▸ **Extracted entries**
┄┄┄┄┄┄

-- ===== src/Sync/Grant.antt =====
-- The signal for the current event of a list keeps the invariant: `signalNextThread` in
-- include/xsync.hh.
use double_take.Prelude.{
  ℕ, ◌+◌, ◌≤◌, ◌<◌, ◌≡◌, ◌⊎◌, inl, inr, refl, sym, ap, ◌∙◌, Bool, true, false, none, some, [], ◌∷◌,
  ◌++◌, ◌==◌, ==→eq, eq→==, Bool-cases, arith, ok,
}
use double_take.RecordEntries.{first_iter_entry}
use double_take.Sync.{
  EventPtr, World, assign, same_event, load_event, signal_thread, is_thread_next_event,
  add_pending_sync_event, signal_next_thread,
}
use double_take.Sync.Events.{
  has_event, DistinctEvents, same_event→eq, same_event_refl, has_event-append,
  DistinctEvents-append, event_ext,
}
use double_take.Sync.Inv.{iter, Passed, At, IsCurrent, IsRecorded, SameRecording, Inv}
use double_take.Sync.Order.{assign_self, ne_of_ready, current_unique, some_inj}

pub more_ready : (ready : ℕ → Bool) (v u : ℕ) → ready u ≡ true → assign ready v true u ≡ true
more_ready ready v u h = ground (arith, h)

-- What holds of the new list and of the prepared ones holds of all.
pub ready_elim :
    (Q : ℕ → Type 0) (ready : ℕ → Bool) (v : ℕ)
    → Q v
    → ((u : ℕ) → ready u ≡ true → Q u)
    → (u : ℕ) → assign ready v true u ≡ true
    → Q u
ready_elim Q ready v q rest u h = elim (Bool-cases (v == u)) [
  | inl same ↦ rw (← ==→eq v u same) q
  | inr other ↦ rest u (rw other at h)
]

-- The list `v` stands at its event number `k`, which is `e`: all before it are passed, and it and
-- all behind it are not.
pub record Stands (w : World) (v k : ℕ) (e : EventPtr) : Type 0 where
  pub current : IsCurrent w v k e
  pub waits : iter w e.thread ≤ e.place
  pub before : (j : ℕ) (x : EventPtr) → j < k → At w v j x → Passed w x
  pub after : (j : ℕ) (x : EventPtr) → k < j → At w v j x → iter w x.thread ≤ x.place

abbrev event_thread : EventPtr → ℕ
event_thread e = e.thread

module _ (time : EventPtr → ℕ) (ready : ℕ → Bool) (w : World) (v k : ℕ) (e : EventPtr)
    (rec : IsRecorded time w) (inv : Inv ready w) (idle : ready v ≡ false)
    (stands : Stands w v k e) where
  -- The event is the current one of no list that is prepared.
  not_yet : (u j : ℕ) → At w u j e → ready u ≡ true → false ≡ true
  not_yet u j at r =
      let (same, _) = rec.unique u v j k e at stands.current.1 in
      ground (arith, ne_of_ready ready v u idle r (sym same))

  not_pending : (t : ℕ) → has_event (w.pending t) e ≡ false
  not_pending t = elim (Bool-cases (has_event (w.pending t) e)) [
    | inl i ↦
        let (u, j, (c, at), r, et, le) = inv.waiting t e i in
        absurd (ground (arith, not_yet u j at r))
    | inr out ↦ out
  ]

  -- What is behind a number of the list, for all prepared lists.
  earlier :
      (u i j : ℕ) (x : EventPtr)
      → assign ready v true u ≡ true
      → w.curentry u ≡ some i
      → j < i
      → At w u j x
      → Passed w x
  earlier u i j x r =
      ready_elim (λ u. w.curentry u ≡ some i → j < i → At w u j x → Passed w x) ready v
        (λ c lt at. stands.before j x (omega (arith, some_inj _ _ (sym stands.current.0 ∙ c))) at)
        (λ u r c lt at. inv.before u i j x r c lt at) u r

  later :
      (u i j : ℕ) (x : EventPtr)
      → assign ready v true u ≡ true
      → w.curentry u ≡ some i
      → i < j
      → At w u j x
      → iter w x.thread ≤ x.place
  later u i j x r =
      ready_elim (λ u. w.curentry u ≡ some i → i < j → At w u j x → iter w x.thread ≤ x.place) ready
        v (λ c lt at. stands.after j x (omega (arith, some_inj _ _ (sym stands.current.0 ∙ c))) at)
        (λ u r c lt at. inv.after u i j x r c lt at) u r

  never_over :
      (u j : ℕ) (x : EventPtr)
      → assign ready v true u ≡ true
      → w.curentry u ≡ none
      → At w u j x
      → Passed w x
  never_over u j x r =
      ready_elim (λ u. w.curentry u ≡ none → At w u j x → Passed w x) ready v
        (λ c at. absurd (cc (stands.current.0, c))) (λ u r c at. inv.over u j x r c at) u r

  idle_sema : e.place ≡ iter w e.thread → w.sema e.thread ≡ 0
  idle_sema next = elim (Bool-cases (w.sema e.thread == 0)) [
    | inl zero ↦ ==→eq _ _ zero
    | inr up ↦
        let (u, j, x, (c, at), r, et, ep, out) = inv.granted e.thread (ground arith) in
        let eq = event_ext x e et (ep ∙ sym next) in
        absurd (ground (arith, not_yet u j (rw eq at at) r))
  ]

  granted_after_signal :
      (t : ℕ)
      → e.place ≡ iter w e.thread
      → 0 < (signal_thread w e.thread).sema t
      → (u : ℕ) × (j : ℕ) × (x : EventPtr) × IsCurrent w u j x
        × (assign ready v true u ≡ true)
        × (x.thread ≡ t)
        × (x.place ≡ iter w t)
        × (has_event (w.pending t) x ≡ false)
  unfolding signal_thread
  granted_after_signal t next h = elim (Bool-cases (e.thread == t)) [
    | inl same ↦
        let eq = ==→eq e.thread t same in
        (
          v,
          k,
          e,
          stands.current,
          assign_self ready v true,
          eq,
          next ∙ ap (iter w) eq,
          not_pending t,
        )
    | inr other ↦
        let (u, j, x, c, r, et, ep, out) = inv.granted t (rw other at h) in
        (u, j, x, c, more_ready ready v u r, et, ep, out)
  ]

  signalled_after_signal :
      (u j : ℕ) (x : EventPtr)
      → e.place ≡ iter w e.thread
      → assign ready v true u ≡ true
      → IsCurrent w u j x
      → iter w x.thread ≤ x.place
      → (has_event (w.pending x.thread) x ≡ true)
        ⊎ ((x.place ≡ iter w x.thread) × (0 < (signal_thread w e.thread).sema x.thread))
  unfolding signal_thread
  signalled_after_signal u j x next r =
      ready_elim
        (λ u.
          IsCurrent w u j x
          → iter w x.thread ≤ x.place
          → (has_event (w.pending x.thread) x ≡ true)
            ⊎ ((x.place ≡ iter w x.thread) × (0 < (signal_thread w e.thread).sema x.thread)))
        ready v
        (λ c le.
          let eq = current_unique w v k j e x stands.current c in
          inr (
            rw eq at next,
            rw (← eq, assign_self w.sema e.thread (w.sema e.thread + 1)) (omega arith),
          ))
        (λ u r c le. elim (inv.signalled u j x r c le) [
          | inl i ↦ inl i
          | inr (ep, up) ↦ inr (ep, ground (arith, up))
        ])
        u r

  -- The thread whose next event it is gets the semaphore.
  Inv-signal : e.place ≡ iter w e.thread → Inv (assign ready v true) (signal_thread w e.thread)
  unfolding signal_thread
  Inv-signal next = record {
    at_most_one = λ t. ground (arith, idle_sema next, inv.at_most_one t);
    granted = λ t h. granted_after_signal t next h;
    waiting = λ t x i.
        let (u, j, c, r, et, le) = inv.waiting t x i in (u, j, c, more_ready ready v u r, et, le);
    distinct = inv.distinct;
    before = earlier;
    after = later;
    over = never_over;
    signalled = λ u j x r c le. signalled_after_signal u j x next r c le;
  }

  has_pending :
      (t : ℕ) (x : EventPtr)
      → has_event ((add_pending_sync_event w e e.thread).pending t) x ≡ true
      → (has_event (w.pending t) x ≡ true) ⊎ ((e.thread ≡ t) × (e ≡ x))
  unfolding add_pending_sync_event
  has_pending t x h = elim (Bool-cases (e.thread == t)) [
    | inl same ↦
        let eq = ==→eq e.thread t same in
        let both = has_event-append (w.pending e.thread) e x in
        elim (Bool-cases (same_event e x)) [
          | inl one ↦ inr (eq, same_event→eq e x one)
          | inr other ↦ inl (rw (← eq) (ground (arith, both, rw same at h)))
        ]
    | inr other ↦ inl (rw other at h)
  ]

  has_more :
      (t : ℕ) (x : EventPtr)
      → has_event (w.pending t) x ≡ true
      → has_event ((add_pending_sync_event w e e.thread).pending t) x ≡ true
  unfolding add_pending_sync_event
  has_more t x i = elim (Bool-cases (e.thread == t)) [
    | inl same ↦ rw same (
        ground
          (arith, has_event-append (w.pending e.thread) e x, rw (← ==→eq e.thread t same) at i))
    | inr other ↦ rw other i
  ]

  has_itself : has_event ((add_pending_sync_event w e e.thread).pending e.thread) e ≡ true
  unfolding add_pending_sync_event
  has_itself =
      rw (assign_self w.pending e.thread (w.pending e.thread ++ e ∷ []))
        (ground (arith, has_event-append (w.pending e.thread) e e, same_event_refl e))

  distinct_after : (t : ℕ) → DistinctEvents ((add_pending_sync_event w e e.thread).pending t)
  unfolding add_pending_sync_event
  distinct_after t = elim (Bool-cases (e.thread == t)) [
    | inl same ↦ rw same (
        DistinctEvents-append (w.pending e.thread) e (inv.distinct e.thread) (not_pending e.thread))
    | inr other ↦ rw other (inv.distinct t)
  ]

  none_pending :
      (t : ℕ) (x : EventPtr)
      → iter w e.thread < e.place
      → x.thread ≡ t
      → x.place ≡ iter w t
      → has_event (w.pending t) x ≡ false
      → has_event ((add_pending_sync_event w e e.thread).pending t) x ≡ false
  none_pending t x lt et ep out =
      elim (Bool-cases (has_event ((add_pending_sync_event w e e.thread).pending t) x)) [
        | inl i ↦ elim (has_pending t x i) [
          | inl old ↦ absurd (ground (arith, old, out))
          | inr (_, eq) ↦ absurd (omega (arith, rw eq at lt, ep, ap (iter w) et))
        ]
        | inr no_more ↦ no_more
      ]

  waiting_after :
      (t : ℕ) (x : EventPtr)
      → has_event ((add_pending_sync_event w e e.thread).pending t) x ≡ true
      → (u : ℕ) × (j : ℕ) × IsCurrent w u j x
        × (assign ready v true u ≡ true)
        × (x.thread ≡ t)
        × (iter w t ≤ x.place)
  waiting_after t x i = elim (has_pending t x i) [
    | inl old ↦
        let (u, j, c, r, et, le) = inv.waiting t x old in (u, j, c, more_ready ready v u r, et, le)
    | inr (eq, one) ↦
        let et : x.thread ≡ t = sym (ap event_thread one) ∙ eq in
        (
          v,
          k,
          rw one at stands.current,
          assign_self ready v true,
          et,
          rw et at (rw one at stands.waits),
        )
  ]

  signalled_after :
      (u j : ℕ) (x : EventPtr)
      → assign ready v true u ≡ true
      → IsCurrent w u j x
      → iter w x.thread ≤ x.place
      → (has_event ((add_pending_sync_event w e e.thread).pending x.thread) x ≡ true)
        ⊎ ((x.place ≡ iter w x.thread) × (0 < w.sema x.thread))
  signalled_after u j x r =
      ready_elim
        (λ u.
          IsCurrent w u j x
          → iter w x.thread ≤ x.place
          → (has_event ((add_pending_sync_event w e e.thread).pending x.thread) x ≡ true)
            ⊎ ((x.place ≡ iter w x.thread) × (0 < w.sema x.thread)))
        ready v (λ c le. inl (rw (← current_unique w v k j e x stands.current c) has_itself))
        (λ u r c le. elim (inv.signalled u j x r c le) [
          | inl i ↦ inl (has_more x.thread x i)
          | inr up ↦ inr up
        ])
        u r

  -- The event is kept for a thread that has others to pass before it.
  Inv-pending :
      iter w e.thread < e.place → Inv (assign ready v true) (add_pending_sync_event w e e.thread)
  unfolding add_pending_sync_event
  Inv-pending lt = record {
    at_most_one = inv.at_most_one;
    granted = λ t h.
        let (u, j, x, c, r, et, ep, out) = inv.granted t h in
        (u, j, x, c, more_ready ready v u r, et, ep, none_pending t x lt et ep out);
    waiting = λ t x i. waiting_after t x i;
    distinct = distinct_after;
    before = earlier;
    after = later;
    over = never_over;
    signalled = λ u j x r c le. signalled_after u j x r c le;
  }

  load_event-ok : load_event w e ≡ ok (record { thread = e.thread; eventlist = v; ret = 0 })
  unfolding load_event
  load_event-ok = rw (load_event, rec.stored v k e stands.current.1) refl

  next_event : is_thread_next_event w e e.thread ≡ (e.place == iter w e.thread)
  unfolding is_thread_next_event first_iter_entry
  next_event = rw (eq→== e.thread e.thread refl) refl

  -- `signalNextThread` of the event at which a list stands makes the list a prepared one.
  pub signal_next_thread-Inv :
      (w' : World) × (signal_next_thread w e ≡ ok w')
      × Inv (assign ready v true) w'
      × SameRecording w w'
      × ((t : ℕ) → iter w' t ≡ iter w t)
  unfolding signal_next_thread signal_thread add_pending_sync_event
  signal_next_thread-Inv = elim (Bool-cases (e.place == iter w e.thread)) [
    | inl next ↦ (
      signal_thread w e.thread,
      rw (load_event-ok, next_event, next) refl,
      Inv-signal (==→eq _ _ next),
      record { list = λ u. refl; start = λ t. refl; cur = λ t. refl },
      λ t. refl,
    )
    | inr behind ↦ (
      add_pending_sync_event w e e.thread,
      rw (load_event-ok, next_event, behind) refl,
      Inv-pending (ground (arith, behind, stands.waits)),
      record { list = λ u. refl; start = λ t. refl; cur = λ t. refl },
      λ t. refl,
    )
  ]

┄┄┄┄┄┄

▸ **What to work on**
When a line of the records holds the word "DistinctEvents", copy that line.

▸ **Exercise solution**
  has_event, DistinctEvents, same_event→eq, same_event_refl, has_event-append,
  DistinctEvents-append, event_ext,
  distinct_after : (t : ℕ) → DistinctEvents ((add_pending_sync_event w e e.thread).pending t)
        DistinctEvents-append (w.pending e.thread) e (inv.distinct e.thread) (not_pending e.thread))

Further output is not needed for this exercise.